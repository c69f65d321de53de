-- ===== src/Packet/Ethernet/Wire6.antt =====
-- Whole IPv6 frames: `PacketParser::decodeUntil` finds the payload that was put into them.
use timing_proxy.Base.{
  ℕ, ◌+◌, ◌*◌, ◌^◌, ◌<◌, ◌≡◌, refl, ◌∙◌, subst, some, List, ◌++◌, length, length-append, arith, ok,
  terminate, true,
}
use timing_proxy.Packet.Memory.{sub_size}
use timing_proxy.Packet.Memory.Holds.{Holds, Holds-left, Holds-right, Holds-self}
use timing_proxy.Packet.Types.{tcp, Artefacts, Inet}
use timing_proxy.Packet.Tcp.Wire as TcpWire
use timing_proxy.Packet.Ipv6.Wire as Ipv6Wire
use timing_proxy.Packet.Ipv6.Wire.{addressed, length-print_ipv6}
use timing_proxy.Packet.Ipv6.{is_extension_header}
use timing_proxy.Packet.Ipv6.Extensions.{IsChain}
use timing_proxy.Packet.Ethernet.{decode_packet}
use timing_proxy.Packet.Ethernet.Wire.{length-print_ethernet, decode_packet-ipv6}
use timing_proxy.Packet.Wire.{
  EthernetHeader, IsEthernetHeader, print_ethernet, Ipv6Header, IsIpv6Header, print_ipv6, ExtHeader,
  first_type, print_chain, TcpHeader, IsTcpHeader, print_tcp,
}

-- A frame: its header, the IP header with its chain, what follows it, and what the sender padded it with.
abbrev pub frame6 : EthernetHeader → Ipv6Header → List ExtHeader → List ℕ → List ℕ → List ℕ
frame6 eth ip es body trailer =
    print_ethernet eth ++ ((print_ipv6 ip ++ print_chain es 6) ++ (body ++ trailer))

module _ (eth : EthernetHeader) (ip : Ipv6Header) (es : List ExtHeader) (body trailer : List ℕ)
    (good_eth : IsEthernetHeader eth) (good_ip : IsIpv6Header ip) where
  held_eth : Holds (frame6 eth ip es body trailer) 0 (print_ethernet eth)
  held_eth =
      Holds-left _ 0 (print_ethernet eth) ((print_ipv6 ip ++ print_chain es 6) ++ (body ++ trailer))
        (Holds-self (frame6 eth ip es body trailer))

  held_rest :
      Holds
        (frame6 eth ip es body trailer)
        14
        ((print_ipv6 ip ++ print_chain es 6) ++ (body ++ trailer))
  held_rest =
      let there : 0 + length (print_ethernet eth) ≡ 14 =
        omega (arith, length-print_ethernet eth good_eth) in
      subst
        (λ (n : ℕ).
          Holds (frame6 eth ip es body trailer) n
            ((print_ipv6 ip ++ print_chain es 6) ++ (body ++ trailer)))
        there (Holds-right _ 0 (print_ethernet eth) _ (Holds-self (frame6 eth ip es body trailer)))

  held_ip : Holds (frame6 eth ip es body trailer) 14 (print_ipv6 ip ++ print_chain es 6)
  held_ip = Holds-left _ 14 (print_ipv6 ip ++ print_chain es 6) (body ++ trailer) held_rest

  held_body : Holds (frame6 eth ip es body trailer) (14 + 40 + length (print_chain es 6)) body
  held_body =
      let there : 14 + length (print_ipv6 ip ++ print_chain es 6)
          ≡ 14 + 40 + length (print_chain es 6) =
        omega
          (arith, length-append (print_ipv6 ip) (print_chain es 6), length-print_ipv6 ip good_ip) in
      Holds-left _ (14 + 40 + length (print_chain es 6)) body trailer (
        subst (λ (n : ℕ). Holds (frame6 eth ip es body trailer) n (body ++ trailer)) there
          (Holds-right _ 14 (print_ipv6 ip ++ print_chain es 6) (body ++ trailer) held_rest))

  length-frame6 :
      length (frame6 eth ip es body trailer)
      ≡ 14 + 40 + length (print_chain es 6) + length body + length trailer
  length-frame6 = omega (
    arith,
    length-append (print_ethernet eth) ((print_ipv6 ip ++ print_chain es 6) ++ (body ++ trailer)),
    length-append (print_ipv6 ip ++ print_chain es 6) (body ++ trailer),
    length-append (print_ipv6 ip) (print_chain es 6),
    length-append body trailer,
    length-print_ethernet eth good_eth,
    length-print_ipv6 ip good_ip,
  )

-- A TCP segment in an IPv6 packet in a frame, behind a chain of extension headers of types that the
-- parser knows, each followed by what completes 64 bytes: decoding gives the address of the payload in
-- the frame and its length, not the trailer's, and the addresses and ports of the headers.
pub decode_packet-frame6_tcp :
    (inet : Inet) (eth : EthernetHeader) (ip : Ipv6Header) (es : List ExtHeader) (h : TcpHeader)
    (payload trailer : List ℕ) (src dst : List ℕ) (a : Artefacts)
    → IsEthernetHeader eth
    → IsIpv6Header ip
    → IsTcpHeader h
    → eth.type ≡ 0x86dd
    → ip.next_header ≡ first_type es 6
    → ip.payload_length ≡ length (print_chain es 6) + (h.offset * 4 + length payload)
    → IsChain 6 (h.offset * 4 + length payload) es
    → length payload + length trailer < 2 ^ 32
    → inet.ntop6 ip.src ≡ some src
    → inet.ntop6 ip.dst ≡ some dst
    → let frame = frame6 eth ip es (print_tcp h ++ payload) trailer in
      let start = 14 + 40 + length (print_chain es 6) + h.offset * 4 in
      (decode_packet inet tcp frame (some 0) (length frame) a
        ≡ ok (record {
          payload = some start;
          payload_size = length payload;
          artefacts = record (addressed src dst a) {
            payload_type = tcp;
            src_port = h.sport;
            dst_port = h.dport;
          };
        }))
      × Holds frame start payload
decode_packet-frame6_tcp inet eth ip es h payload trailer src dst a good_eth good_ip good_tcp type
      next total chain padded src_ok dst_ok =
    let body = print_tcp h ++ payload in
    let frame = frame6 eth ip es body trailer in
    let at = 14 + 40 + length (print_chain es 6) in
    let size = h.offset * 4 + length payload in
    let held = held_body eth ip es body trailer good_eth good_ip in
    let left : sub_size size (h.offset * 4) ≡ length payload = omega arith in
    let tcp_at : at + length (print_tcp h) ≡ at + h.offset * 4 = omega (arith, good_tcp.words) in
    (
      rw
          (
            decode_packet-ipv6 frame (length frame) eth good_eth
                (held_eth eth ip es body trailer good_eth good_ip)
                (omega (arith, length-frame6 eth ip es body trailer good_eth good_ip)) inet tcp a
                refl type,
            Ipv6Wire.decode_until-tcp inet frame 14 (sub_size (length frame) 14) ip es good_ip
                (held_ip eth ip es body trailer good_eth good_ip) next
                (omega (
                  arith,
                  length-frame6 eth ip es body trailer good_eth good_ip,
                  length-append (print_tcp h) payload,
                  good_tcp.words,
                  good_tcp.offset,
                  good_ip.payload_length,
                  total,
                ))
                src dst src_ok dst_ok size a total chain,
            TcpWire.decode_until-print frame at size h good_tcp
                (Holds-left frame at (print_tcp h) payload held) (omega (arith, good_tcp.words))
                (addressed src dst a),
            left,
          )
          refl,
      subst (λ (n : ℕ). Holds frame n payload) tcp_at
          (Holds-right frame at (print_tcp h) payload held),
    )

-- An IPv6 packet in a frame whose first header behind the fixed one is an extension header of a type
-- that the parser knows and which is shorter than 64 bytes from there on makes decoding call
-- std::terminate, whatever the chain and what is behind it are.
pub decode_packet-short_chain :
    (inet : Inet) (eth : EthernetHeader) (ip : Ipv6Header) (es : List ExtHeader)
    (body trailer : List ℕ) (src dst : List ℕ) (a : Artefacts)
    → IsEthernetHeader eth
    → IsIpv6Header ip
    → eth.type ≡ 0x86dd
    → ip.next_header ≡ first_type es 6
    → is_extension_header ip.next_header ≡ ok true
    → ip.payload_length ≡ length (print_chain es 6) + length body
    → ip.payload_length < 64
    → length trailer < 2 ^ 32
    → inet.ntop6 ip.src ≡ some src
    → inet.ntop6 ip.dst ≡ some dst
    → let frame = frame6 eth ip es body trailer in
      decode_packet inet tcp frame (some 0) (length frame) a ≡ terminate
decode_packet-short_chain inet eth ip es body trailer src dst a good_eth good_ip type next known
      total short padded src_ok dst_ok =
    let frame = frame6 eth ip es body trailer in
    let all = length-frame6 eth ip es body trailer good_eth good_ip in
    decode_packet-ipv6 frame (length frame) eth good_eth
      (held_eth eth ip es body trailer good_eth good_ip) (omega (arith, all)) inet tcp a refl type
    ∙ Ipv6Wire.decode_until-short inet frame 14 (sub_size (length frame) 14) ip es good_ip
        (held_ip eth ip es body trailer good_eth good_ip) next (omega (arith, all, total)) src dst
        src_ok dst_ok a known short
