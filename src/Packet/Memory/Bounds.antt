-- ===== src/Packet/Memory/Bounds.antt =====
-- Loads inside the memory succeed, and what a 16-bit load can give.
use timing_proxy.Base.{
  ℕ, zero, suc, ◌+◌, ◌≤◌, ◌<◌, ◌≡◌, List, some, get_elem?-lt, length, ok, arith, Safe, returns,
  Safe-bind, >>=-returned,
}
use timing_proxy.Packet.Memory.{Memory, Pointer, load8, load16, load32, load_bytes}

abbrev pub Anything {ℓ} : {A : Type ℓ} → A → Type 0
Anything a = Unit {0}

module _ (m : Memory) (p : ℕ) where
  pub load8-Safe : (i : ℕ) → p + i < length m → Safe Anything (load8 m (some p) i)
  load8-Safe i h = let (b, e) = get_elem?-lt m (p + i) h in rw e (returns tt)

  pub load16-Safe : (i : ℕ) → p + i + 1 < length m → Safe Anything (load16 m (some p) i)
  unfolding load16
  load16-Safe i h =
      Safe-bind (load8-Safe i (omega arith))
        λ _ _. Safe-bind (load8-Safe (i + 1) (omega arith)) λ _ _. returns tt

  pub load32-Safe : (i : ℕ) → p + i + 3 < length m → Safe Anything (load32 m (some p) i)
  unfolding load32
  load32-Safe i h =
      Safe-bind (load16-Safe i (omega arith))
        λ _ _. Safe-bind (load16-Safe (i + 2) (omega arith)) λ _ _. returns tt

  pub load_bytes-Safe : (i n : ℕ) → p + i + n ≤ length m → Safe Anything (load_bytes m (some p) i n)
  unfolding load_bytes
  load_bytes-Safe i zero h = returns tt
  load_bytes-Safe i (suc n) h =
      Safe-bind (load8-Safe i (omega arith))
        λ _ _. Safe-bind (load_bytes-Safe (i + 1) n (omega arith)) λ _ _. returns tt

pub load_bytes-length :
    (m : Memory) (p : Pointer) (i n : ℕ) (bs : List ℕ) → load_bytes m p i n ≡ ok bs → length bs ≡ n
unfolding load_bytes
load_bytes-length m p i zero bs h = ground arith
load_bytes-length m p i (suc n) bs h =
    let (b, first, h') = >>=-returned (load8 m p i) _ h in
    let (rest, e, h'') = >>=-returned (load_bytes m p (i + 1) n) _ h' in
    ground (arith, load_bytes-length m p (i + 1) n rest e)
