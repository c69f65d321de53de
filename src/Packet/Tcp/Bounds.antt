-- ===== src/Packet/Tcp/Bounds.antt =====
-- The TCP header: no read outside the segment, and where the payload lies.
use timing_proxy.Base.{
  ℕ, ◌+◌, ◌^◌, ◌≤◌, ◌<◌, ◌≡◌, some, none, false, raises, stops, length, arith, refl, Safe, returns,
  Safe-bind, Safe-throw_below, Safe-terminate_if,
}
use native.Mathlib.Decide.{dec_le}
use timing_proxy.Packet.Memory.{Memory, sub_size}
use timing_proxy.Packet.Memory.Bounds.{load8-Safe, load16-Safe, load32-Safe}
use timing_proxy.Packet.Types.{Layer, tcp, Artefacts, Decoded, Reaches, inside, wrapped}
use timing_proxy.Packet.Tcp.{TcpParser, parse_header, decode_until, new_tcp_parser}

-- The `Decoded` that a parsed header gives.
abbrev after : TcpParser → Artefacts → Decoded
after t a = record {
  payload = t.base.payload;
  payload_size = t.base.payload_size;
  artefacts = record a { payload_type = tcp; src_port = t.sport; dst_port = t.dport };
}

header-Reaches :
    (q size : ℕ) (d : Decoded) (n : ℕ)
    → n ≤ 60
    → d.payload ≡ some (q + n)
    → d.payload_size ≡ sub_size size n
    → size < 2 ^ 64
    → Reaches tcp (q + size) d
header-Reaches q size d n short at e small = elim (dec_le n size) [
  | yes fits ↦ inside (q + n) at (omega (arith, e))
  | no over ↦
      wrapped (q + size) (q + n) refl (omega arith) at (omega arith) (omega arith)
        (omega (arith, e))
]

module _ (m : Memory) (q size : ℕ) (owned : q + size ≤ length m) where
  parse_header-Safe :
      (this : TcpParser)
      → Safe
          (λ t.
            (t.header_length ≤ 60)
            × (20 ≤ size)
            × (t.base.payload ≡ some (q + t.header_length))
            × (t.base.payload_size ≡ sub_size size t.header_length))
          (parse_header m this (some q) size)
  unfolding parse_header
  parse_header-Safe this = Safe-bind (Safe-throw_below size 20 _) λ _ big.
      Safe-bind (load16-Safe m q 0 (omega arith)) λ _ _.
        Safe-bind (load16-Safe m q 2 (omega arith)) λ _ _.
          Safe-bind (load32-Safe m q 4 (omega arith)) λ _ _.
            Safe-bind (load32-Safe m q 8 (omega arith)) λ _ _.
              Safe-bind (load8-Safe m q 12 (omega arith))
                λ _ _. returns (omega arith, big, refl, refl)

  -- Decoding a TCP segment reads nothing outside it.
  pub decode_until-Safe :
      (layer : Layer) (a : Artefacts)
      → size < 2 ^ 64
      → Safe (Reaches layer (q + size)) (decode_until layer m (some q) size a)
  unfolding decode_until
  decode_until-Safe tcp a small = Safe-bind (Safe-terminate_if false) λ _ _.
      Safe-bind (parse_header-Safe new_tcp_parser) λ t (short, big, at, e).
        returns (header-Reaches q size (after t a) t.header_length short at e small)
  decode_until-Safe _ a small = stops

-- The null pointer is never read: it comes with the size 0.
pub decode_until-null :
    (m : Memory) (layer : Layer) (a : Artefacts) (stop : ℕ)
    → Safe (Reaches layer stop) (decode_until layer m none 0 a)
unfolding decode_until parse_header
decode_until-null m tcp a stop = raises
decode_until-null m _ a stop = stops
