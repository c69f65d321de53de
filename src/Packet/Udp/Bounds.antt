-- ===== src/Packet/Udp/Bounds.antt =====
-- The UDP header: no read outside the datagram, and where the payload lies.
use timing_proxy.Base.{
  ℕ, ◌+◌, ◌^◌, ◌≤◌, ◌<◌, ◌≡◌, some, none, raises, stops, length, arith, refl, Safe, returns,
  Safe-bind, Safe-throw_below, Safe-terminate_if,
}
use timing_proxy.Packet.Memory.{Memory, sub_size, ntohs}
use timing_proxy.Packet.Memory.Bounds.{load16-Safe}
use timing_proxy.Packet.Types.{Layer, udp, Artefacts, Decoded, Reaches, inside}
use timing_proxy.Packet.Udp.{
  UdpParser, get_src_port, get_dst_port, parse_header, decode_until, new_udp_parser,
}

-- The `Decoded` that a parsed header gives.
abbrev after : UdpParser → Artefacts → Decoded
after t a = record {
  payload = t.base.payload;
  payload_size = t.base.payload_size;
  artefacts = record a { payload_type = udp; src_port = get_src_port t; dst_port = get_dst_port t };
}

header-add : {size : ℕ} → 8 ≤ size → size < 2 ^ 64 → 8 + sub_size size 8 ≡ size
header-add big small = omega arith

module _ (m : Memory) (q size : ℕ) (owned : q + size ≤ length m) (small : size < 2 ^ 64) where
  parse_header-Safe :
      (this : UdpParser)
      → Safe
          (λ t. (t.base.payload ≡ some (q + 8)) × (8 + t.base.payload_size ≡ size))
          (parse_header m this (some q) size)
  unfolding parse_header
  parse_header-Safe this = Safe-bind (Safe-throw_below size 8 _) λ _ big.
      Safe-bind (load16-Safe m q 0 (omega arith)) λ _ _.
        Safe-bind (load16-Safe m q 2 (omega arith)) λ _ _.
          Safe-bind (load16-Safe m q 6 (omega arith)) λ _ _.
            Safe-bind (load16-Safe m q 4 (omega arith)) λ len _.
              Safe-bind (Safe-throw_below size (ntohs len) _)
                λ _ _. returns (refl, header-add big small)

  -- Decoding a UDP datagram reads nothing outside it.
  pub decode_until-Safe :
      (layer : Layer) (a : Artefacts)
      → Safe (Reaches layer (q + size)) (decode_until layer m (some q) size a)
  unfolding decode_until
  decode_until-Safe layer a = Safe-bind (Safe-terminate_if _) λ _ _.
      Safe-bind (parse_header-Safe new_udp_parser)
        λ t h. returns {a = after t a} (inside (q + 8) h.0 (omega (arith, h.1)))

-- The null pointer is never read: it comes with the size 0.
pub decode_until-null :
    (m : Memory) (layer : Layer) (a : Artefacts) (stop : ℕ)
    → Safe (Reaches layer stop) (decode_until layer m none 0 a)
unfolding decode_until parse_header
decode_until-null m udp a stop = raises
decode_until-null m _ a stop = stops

--------

AIM OF THE TASK: Each line in the listing above that contains "UdpParser" should be copied.

WRITTEN ANSWER:
  UdpParser, get_src_port, get_dst_port, parse_header, decode_until, new_udp_parser,
abbrev after : UdpParser → Artefacts → Decoded
      (this : UdpParser)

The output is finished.